Problem details ▸ Start to finish, reproduce the records below with nothing missing.

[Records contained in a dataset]
-----

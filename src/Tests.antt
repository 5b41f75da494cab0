-- ===== src/Tests.antt =====
-- The theorems at concrete inputs, by component.
mod AccessTests
mod ConversionTests
mod CacheTests
mod AuditTests
mod BrokerTests
mod IntentTests
mod RpcTests
mod LauncherTests
mod ViewTests
mod DemoTests
mod CuratedTests
mod SkillsTests
mod ProfileTests
mod HttpTests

-----

Response to the exercise ▸
filename src/Tests.antt
repository 5b41f75da494cab0
-- ===== src/Tests.antt =====
-- The theorems at concrete inputs, by component.
mod AccessTests
mod ConversionTests
mod CacheTests
mod AuditTests
mod BrokerTests
mod IntentTests
mod RpcTests
mod LauncherTests
mod ViewTests
mod DemoTests
mod CuratedTests
mod SkillsTests
mod ProfileTests
mod HttpTests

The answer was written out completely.